Copy the records below character for character.

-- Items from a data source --
....
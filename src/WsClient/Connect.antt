-- ===== src/WsClient/Connect.antt =====
-- websocket/client_ws.hpp, `SocketClient<WS>::connect`: the name of the server, or of the proxy, is
-- resolved, the socket is connected, and then the upgrade is asked for.
use juce_simpleweb.Prelude.{
  ℕ, ◌+◌, ◌≡◌, refl, sym, Bool, true, false, ◌&&◌, Option, none, some, List, [], ◌∷◌, ◌++◌,
  append-nil, if◌then◌else◌, Bytes,
}
use juce_simpleweb.Numerals.{decimal_text}
use juce_simpleweb.WsClient.{
  ClientConnection, ClientError, ClientEvent, fails, told, set_timeout, cancel_timeout,
  connection_error,
}
use juce_simpleweb.WsClient.Upgrade.{Address, parse_host_port}

-- What a client that connects waits for: the resolver, with the host and the port that it was given,
-- or the socket.
pub data Awaiting : Type 0 where
  nothing connected : Awaiting
  resolved : Bytes → Bytes → Awaiting

-- A connection that is being made, and how often its upgrade was started.
pub record Connecting : Type 0 where
  pub connection : ClientConnection
  pub awaiting : Awaiting
  pub upgrades : ℕ

unfoldable pub host_port : Address → Bytes → Bytes × Bytes
host_port a [] = (a.host, decimal_text a.port)
host_port a (c ∷ proxy_server) =
    let (host, port) = parse_host_port (c ∷ proxy_server) 8080 in (host, decimal_text port)

unfoldable pub connect : Address → Bytes → ClientConnection → Connecting
unfolding host_port
connect a proxy_server c =
    let (host, port) = host_port a proxy_server in
    record {
      connection = set_timeout (some c.config.timeout_request) c;
      awaiting = resolved host port;
      upgrades = 0;
    }

-- The handler of the resolver.
unfoldable pub on_resolved : Bool → Option ClientError → Connecting → Connecting
on_resolved lock ec d =
    let c = cancel_timeout d.connection in
    let d' = record d { connection = c; awaiting = nothing } in
    if lock
    then elim ec [
      | none ↦ record d' {
        connection = set_timeout (some c.config.timeout_request) c;
        awaiting = connected;
      }
      | some e ↦ record d' { connection = connection_error e c }
    ]
    else d'

-- The handler of the socket's connection; `upgrade` is that of WsClient/Reader.
unfoldable pub on_connected : Bool → Option ClientError → Connecting → Connecting
on_connected lock ec d =
    let c = cancel_timeout d.connection in
    let d' = record d { connection = c; awaiting = nothing } in
    if lock
    then elim ec [
      | none ↦ record d' { upgrades = d.upgrades + 1 }
      | some e ↦ record d' { connection = connection_error e c }
    ]
    else d'

-- The completion that is awaited comes, if there is one.
unfoldable pub complete : Bool → Option ClientError → Connecting → Connecting
unfolding on_resolved on_connected
complete lock ec d = elim d.awaiting [
  | nothing ↦ d
  | connected ↦ on_connected lock ec d
  | resolved host port ↦ on_resolved lock ec d
]

-- The error that ends a connection which is made, if the lock of its handler was obtained.
abbrev pub first_error : Bool → Option ClientError → Bool → Option ClientError → Option ClientError
first_error false e1 lock2 e2 = none
first_error true (some e) lock2 e2 = some e
first_error true none false e2 = none
first_error true none true e2 = e2

abbrev pub succeeds : Bool → Option ClientError → Bool
succeeds lock none = lock
succeeds lock (some e) = false

abbrev pub told_error : Bool → Option ClientError → List ClientEvent
told_error is_set none = []
told_error is_set (some e) = told is_set (fails e)

-- A connection that is made to a server, or to a proxy if one is set, however its two completions
-- come: nothing is awaited any more then. The upgrade was started once if both succeeded with
-- the lock of their handlers, and otherwise not at all; on_error was told of the first error that
-- a handler with the lock has seen, if it is set, and of no other. The resolver is asked for the
-- proxy if one is set, with the default port 8080, and otherwise for the server.
pub connect-outcome :
    (a : Address) (proxy_server : Bytes) (c : ClientConnection) (lock1 lock2 : Bool)
    (e1 e2 : Option ClientError)
    → let made = connect a proxy_server c in
      let d = complete lock2 e2 (complete lock1 e1 made) in
      (made.awaiting ≡ (elim proxy_server [
        | [] ↦ resolved a.host (decimal_text a.port)
        | x ∷ rest ↦
            resolved
              (parse_host_port (x ∷ rest) 8080).0
              (decimal_text (parse_host_port (x ∷ rest) 8080).1)
      ]))
      × (d.awaiting ≡ nothing)
      × (d.upgrades ≡ (if succeeds lock1 e1 && succeeds lock2 e2 then 1 else 0))
      × (d.connection.log ≡ c.log ++ told_error c.handlers.on_error (first_error lock1 e1 lock2 e2))
unfolding connect complete set_timeout cancel_timeout connection_error
connect-outcome a proxy_server c lock1 lock2 e1 e2 =
    let (x, y, z) = ends lock1 e1 lock2 e2 in (target proxy_server, x, y, z)
  where
    target :
        (proxy_server : Bytes)
        → (connect a proxy_server c).awaiting ≡ (elim proxy_server [
          | [] ↦ resolved a.host (decimal_text a.port)
          | x ∷ rest ↦
              resolved
                (parse_host_port (x ∷ rest) 8080).0
                (decimal_text (parse_host_port (x ∷ rest) 8080).1)
        ])
    target [] = refl
    target (x ∷ rest) = refl

    ends :
        (lock1 : Bool) (e1 : Option ClientError) (lock2 : Bool) (e2 : Option ClientError)
        → let d = complete lock2 e2 (complete lock1 e1 (connect a proxy_server c)) in
          (d.awaiting ≡ nothing)
          × (d.upgrades ≡ (if succeeds lock1 e1 && succeeds lock2 e2 then 1 else 0))
          × (d.connection.log
              ≡ c.log ++ told_error c.handlers.on_error (first_error lock1 e1 lock2 e2))
    ends false none lock2 e2 = (refl, refl, sym (append-nil c.log))
    ends false (some e) lock2 e2 = (refl, refl, sym (append-nil c.log))
    ends true (some e) lock2 e2 = (refl, refl, refl)
    ends true none false none = (refl, refl, sym (append-nil c.log))
    ends true none false (some e) = (refl, refl, sym (append-nil c.log))
    ends true none true none = (refl, refl, sym (append-nil c.log))
    ends true none true (some e) = (refl, refl, refl)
....
-- Solution for this problem --
filename src/WsClient/Connect.antt
-- ===== src/WsClient/Connect.antt =====
-- websocket/client_ws.hpp, `SocketClient<WS>::connect`: the name of the server, or of the proxy, is
-- resolved, the socket is connected, and then the upgrade is asked for.
use juce_simpleweb.Prelude.{
  ℕ, ◌+◌, ◌≡◌, refl, sym, Bool, true, false, ◌&&◌, Option, none, some, List, [], ◌∷◌, ◌++◌,
  append-nil, if◌then◌else◌, Bytes,
}
use juce_simpleweb.Numerals.{decimal_text}
use juce_simpleweb.WsClient.{
  ClientConnection, ClientError, ClientEvent, fails, told, set_timeout, cancel_timeout,
  connection_error,
}
use juce_simpleweb.WsClient.Upgrade.{Address, parse_host_port}

-- What a client that connects waits for: the resolver, with the host and the port that it was given,
-- or the socket.
pub data Awaiting : Type 0 where
  nothing connected : Awaiting
  resolved : Bytes → Bytes → Awaiting

-- A connection that is being made, and how often its upgrade was started.
pub record Connecting : Type 0 where
  pub connection : ClientConnection
  pub awaiting : Awaiting
  pub upgrades : ℕ

unfoldable pub host_port : Address → Bytes → Bytes × Bytes
host_port a [] = (a.host, decimal_text a.port)
host_port a (c ∷ proxy_server) =
    let (host, port) = parse_host_port (c ∷ proxy_server) 8080 in (host, decimal_text port)

unfoldable pub connect : Address → Bytes → ClientConnection → Connecting
unfolding host_port
connect a proxy_server c =
    let (host, port) = host_port a proxy_server in
    record {
      connection = set_timeout (some c.config.timeout_request) c;
      awaiting = resolved host port;
      upgrades = 0;
    }

-- The handler of the resolver.
unfoldable pub on_resolved : Bool → Option ClientError → Connecting → Connecting
on_resolved lock ec d =
    let c = cancel_timeout d.connection in
    let d' = record d { connection = c; awaiting = nothing } in
    if lock
    then elim ec [
      | none ↦ record d' {
        connection = set_timeout (some c.config.timeout_request) c;
        awaiting = connected;
      }
      | some e ↦ record d' { connection = connection_error e c }
    ]
    else d'

-- The handler of the socket's connection; `upgrade` is that of WsClient/Reader.
unfoldable pub on_connected : Bool → Option ClientError → Connecting → Connecting
on_connected lock ec d =
    let c = cancel_timeout d.connection in
    let d' = record d { connection = c; awaiting = nothing } in
    if lock
    then elim ec [
      | none ↦ record d' { upgrades = d.upgrades + 1 }
      | some e ↦ record d' { connection = connection_error e c }
    ]
    else d'

-- The completion that is awaited comes, if there is one.
unfoldable pub complete : Bool → Option ClientError → Connecting → Connecting
unfolding on_resolved on_connected
complete lock ec d = elim d.awaiting [
  | nothing ↦ d
  | connected ↦ on_connected lock ec d
  | resolved host port ↦ on_resolved lock ec d
]

-- The error that ends a connection which is made, if the lock of its handler was obtained.
abbrev pub first_error : Bool → Option ClientError → Bool → Option ClientError → Option ClientError
first_error false e1 lock2 e2 = none
first_error true (some e) lock2 e2 = some e
first_error true none false e2 = none
first_error true none true e2 = e2

abbrev pub succeeds : Bool → Option ClientError → Bool
succeeds lock none = lock
succeeds lock (some e) = false

abbrev pub told_error : Bool → Option ClientError → List ClientEvent
told_error is_set none = []
told_error is_set (some e) = told is_set (fails e)

-- A connection that is made to a server, or to a proxy if one is set, however its two completions
-- come: nothing is awaited any more then. The upgrade was started once if both succeeded with
-- the lock of their handlers, and otherwise not at all; on_error was told of the first error that
-- a handler with the lock has seen, if it is set, and of no other. The resolver is asked for the
-- proxy if one is set, with the default port 8080, and otherwise for the server.
pub connect-outcome :
    (a : Address) (proxy_server : Bytes) (c : ClientConnection) (lock1 lock2 : Bool)
    (e1 e2 : Option ClientError)
    → let made = connect a proxy_server c in
      let d = complete lock2 e2 (complete lock1 e1 made) in
      (made.awaiting ≡ (elim proxy_server [
        | [] ↦ resolved a.host (decimal_text a.port)
        | x ∷ rest ↦
            resolved
              (parse_host_port (x ∷ rest) 8080).0
              (decimal_text (parse_host_port (x ∷ rest) 8080).1)
      ]))
      × (d.awaiting ≡ nothing)
      × (d.upgrades ≡ (if succeeds lock1 e1 && succeeds lock2 e2 then 1 else 0))
      × (d.connection.log ≡ c.log ++ told_error c.handlers.on_error (first_error lock1 e1 lock2 e2))
unfolding connect complete set_timeout cancel_timeout connection_error
connect-outcome a proxy_server c lock1 lock2 e1 e2 =
    let (x, y, z) = ends lock1 e1 lock2 e2 in (target proxy_server, x, y, z)
  where
    target :
        (proxy_server : Bytes)
        → (connect a proxy_server c).awaiting ≡ (elim proxy_server [
          | [] ↦ resolved a.host (decimal_text a.port)
          | x ∷ rest ↦
              resolved
                (parse_host_port (x ∷ rest) 8080).0
                (decimal_text (parse_host_port (x ∷ rest) 8080).1)
        ])
    target [] = refl
    target (x ∷ rest) = refl

    ends :
        (lock1 : Bool) (e1 : Option ClientError) (lock2 : Bool) (e2 : Option ClientError)
        → let d = complete lock2 e2 (complete lock1 e1 (connect a proxy_server c)) in
          (d.awaiting ≡ nothing)
          × (d.upgrades ≡ (if succeeds lock1 e1 && succeeds lock2 e2 then 1 else 0))
          × (d.connection.log
              ≡ c.log ++ told_error c.handlers.on_error (first_error lock1 e1 lock2 e2))
    ends false none lock2 e2 = (refl, refl, sym (append-nil c.log))
    ends false (some e) lock2 e2 = (refl, refl, sym (append-nil c.log))
    ends true (some e) lock2 e2 = (refl, refl, refl)
    ends true none false none = (refl, refl, sym (append-nil c.log))
    ends true none false (some e) = (refl, refl, sym (append-nil c.log))
    ends true none true none = (refl, refl, sym (append-nil c.log))
    ends true none true (some e) = (refl, refl, refl)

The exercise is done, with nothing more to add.